(DATA UNDER STUDY begins)

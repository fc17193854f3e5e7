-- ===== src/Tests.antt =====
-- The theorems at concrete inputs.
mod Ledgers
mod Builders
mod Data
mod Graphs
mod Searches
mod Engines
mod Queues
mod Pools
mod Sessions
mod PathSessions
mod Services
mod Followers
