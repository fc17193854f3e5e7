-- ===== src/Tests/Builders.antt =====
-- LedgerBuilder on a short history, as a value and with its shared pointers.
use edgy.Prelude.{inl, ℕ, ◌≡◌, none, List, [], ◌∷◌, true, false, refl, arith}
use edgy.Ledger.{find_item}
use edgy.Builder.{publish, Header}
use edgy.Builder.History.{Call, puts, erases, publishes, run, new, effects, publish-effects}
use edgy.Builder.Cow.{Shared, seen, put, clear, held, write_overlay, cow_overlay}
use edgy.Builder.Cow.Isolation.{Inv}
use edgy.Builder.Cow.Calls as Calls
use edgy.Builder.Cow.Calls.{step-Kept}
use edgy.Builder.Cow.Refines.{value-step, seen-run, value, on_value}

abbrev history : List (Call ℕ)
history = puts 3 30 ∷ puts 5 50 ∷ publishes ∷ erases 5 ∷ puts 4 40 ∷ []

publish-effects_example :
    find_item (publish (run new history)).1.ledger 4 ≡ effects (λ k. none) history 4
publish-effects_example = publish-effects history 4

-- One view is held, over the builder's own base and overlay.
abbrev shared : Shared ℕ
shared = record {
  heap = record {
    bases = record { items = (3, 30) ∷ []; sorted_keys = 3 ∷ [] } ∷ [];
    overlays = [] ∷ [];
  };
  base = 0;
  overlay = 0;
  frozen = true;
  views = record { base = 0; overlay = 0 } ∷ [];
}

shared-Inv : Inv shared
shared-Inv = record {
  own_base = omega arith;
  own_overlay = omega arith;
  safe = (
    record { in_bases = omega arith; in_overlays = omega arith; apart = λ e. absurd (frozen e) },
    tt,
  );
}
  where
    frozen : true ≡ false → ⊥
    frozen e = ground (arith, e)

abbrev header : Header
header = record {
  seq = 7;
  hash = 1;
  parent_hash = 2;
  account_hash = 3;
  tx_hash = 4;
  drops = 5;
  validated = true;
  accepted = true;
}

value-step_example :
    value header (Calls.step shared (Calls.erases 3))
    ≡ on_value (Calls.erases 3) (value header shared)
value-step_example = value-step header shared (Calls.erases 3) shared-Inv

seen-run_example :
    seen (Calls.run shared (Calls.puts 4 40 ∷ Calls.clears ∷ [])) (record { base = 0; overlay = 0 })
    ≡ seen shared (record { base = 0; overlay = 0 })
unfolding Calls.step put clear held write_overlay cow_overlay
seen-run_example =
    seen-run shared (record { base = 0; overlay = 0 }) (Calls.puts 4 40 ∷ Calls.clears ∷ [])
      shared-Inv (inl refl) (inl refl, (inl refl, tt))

(DATA UNDER STUDY ends)
(DATA UNDER STUDY begins)

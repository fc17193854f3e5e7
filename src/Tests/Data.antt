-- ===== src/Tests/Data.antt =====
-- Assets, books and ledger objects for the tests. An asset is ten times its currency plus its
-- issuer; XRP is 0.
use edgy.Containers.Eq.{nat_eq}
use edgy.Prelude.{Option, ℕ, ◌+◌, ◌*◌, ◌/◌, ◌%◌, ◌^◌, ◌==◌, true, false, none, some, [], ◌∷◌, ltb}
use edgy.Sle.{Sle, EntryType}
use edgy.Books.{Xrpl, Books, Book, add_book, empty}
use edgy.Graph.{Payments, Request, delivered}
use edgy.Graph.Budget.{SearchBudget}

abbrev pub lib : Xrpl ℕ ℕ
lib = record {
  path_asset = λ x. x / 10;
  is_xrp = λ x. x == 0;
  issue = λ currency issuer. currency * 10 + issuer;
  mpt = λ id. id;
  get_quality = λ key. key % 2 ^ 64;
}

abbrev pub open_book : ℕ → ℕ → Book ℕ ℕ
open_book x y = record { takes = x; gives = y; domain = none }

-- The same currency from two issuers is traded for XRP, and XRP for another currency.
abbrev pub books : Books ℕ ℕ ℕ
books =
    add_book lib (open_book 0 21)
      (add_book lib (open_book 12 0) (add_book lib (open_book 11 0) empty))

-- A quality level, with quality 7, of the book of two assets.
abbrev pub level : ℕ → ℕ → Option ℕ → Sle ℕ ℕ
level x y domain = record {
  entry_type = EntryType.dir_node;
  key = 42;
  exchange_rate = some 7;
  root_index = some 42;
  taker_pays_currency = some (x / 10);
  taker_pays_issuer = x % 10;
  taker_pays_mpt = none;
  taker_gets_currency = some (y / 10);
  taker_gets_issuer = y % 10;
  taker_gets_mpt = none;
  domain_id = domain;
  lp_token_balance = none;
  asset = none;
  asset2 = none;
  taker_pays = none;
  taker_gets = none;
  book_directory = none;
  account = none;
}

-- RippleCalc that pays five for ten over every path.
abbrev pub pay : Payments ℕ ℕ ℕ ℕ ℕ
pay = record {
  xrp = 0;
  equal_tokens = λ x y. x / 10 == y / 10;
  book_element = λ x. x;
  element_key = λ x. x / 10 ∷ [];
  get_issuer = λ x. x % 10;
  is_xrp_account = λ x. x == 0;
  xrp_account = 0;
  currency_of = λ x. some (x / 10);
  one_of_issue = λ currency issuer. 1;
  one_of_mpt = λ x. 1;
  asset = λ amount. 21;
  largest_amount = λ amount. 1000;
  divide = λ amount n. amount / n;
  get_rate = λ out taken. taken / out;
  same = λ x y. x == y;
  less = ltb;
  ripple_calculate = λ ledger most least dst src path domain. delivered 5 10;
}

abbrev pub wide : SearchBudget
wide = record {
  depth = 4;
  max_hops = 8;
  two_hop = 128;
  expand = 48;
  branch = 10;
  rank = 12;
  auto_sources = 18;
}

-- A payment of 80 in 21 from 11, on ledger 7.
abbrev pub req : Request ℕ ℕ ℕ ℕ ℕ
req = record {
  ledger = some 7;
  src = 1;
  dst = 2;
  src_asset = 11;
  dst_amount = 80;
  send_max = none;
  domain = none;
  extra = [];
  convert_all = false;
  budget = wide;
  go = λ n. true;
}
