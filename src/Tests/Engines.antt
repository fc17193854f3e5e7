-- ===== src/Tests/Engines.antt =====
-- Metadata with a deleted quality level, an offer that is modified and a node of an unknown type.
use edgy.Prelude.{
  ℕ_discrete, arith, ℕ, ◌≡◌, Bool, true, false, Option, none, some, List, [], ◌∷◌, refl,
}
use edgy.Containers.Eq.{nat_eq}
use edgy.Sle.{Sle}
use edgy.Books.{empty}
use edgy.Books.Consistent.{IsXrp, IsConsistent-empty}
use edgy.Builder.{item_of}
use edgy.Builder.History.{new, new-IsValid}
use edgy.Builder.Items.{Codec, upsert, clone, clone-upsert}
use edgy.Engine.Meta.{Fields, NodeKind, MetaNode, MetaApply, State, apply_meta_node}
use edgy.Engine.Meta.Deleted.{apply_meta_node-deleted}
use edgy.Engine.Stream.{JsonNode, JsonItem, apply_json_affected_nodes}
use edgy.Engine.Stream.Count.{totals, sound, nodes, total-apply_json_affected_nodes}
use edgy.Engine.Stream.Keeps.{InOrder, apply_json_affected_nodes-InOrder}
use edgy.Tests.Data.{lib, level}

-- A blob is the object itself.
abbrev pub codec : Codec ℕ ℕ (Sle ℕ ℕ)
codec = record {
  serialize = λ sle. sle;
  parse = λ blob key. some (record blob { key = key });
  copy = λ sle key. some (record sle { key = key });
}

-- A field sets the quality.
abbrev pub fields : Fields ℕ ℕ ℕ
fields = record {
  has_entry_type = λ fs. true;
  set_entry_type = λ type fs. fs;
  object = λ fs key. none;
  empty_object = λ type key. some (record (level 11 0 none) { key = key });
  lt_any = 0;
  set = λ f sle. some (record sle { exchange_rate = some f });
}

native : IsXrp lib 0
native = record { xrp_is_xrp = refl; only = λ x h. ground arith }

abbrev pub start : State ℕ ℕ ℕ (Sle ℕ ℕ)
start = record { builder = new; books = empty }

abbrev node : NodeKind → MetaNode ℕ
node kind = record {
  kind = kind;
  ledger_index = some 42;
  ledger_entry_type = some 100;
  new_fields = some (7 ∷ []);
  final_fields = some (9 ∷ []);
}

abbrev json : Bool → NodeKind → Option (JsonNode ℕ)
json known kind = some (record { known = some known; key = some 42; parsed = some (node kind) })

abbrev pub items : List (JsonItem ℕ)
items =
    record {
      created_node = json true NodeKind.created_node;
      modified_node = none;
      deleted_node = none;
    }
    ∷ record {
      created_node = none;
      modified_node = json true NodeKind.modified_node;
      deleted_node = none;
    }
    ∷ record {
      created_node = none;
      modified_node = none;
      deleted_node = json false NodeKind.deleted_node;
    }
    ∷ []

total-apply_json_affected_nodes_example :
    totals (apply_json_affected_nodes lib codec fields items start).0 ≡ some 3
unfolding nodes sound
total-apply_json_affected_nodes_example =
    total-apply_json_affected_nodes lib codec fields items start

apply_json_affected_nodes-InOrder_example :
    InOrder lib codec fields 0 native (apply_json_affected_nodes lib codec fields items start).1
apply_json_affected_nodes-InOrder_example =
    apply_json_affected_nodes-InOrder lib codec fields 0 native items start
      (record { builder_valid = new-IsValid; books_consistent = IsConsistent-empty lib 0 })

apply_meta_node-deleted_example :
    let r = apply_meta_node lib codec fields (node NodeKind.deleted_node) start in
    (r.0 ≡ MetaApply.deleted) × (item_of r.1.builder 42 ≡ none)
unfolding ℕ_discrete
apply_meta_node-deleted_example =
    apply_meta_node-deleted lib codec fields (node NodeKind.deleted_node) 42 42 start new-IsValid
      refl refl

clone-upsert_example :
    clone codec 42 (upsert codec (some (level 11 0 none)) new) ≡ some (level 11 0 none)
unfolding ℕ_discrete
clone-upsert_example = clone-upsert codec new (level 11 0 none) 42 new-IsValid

(DATA UNDER STUDY ends)

▸ ASSIGNED TASK: From the listing, reproduce every line where the word "Builders" is present.

▸ EXERCISE ANSWER:
mod Builders
-- ===== src/Tests/Builders.antt =====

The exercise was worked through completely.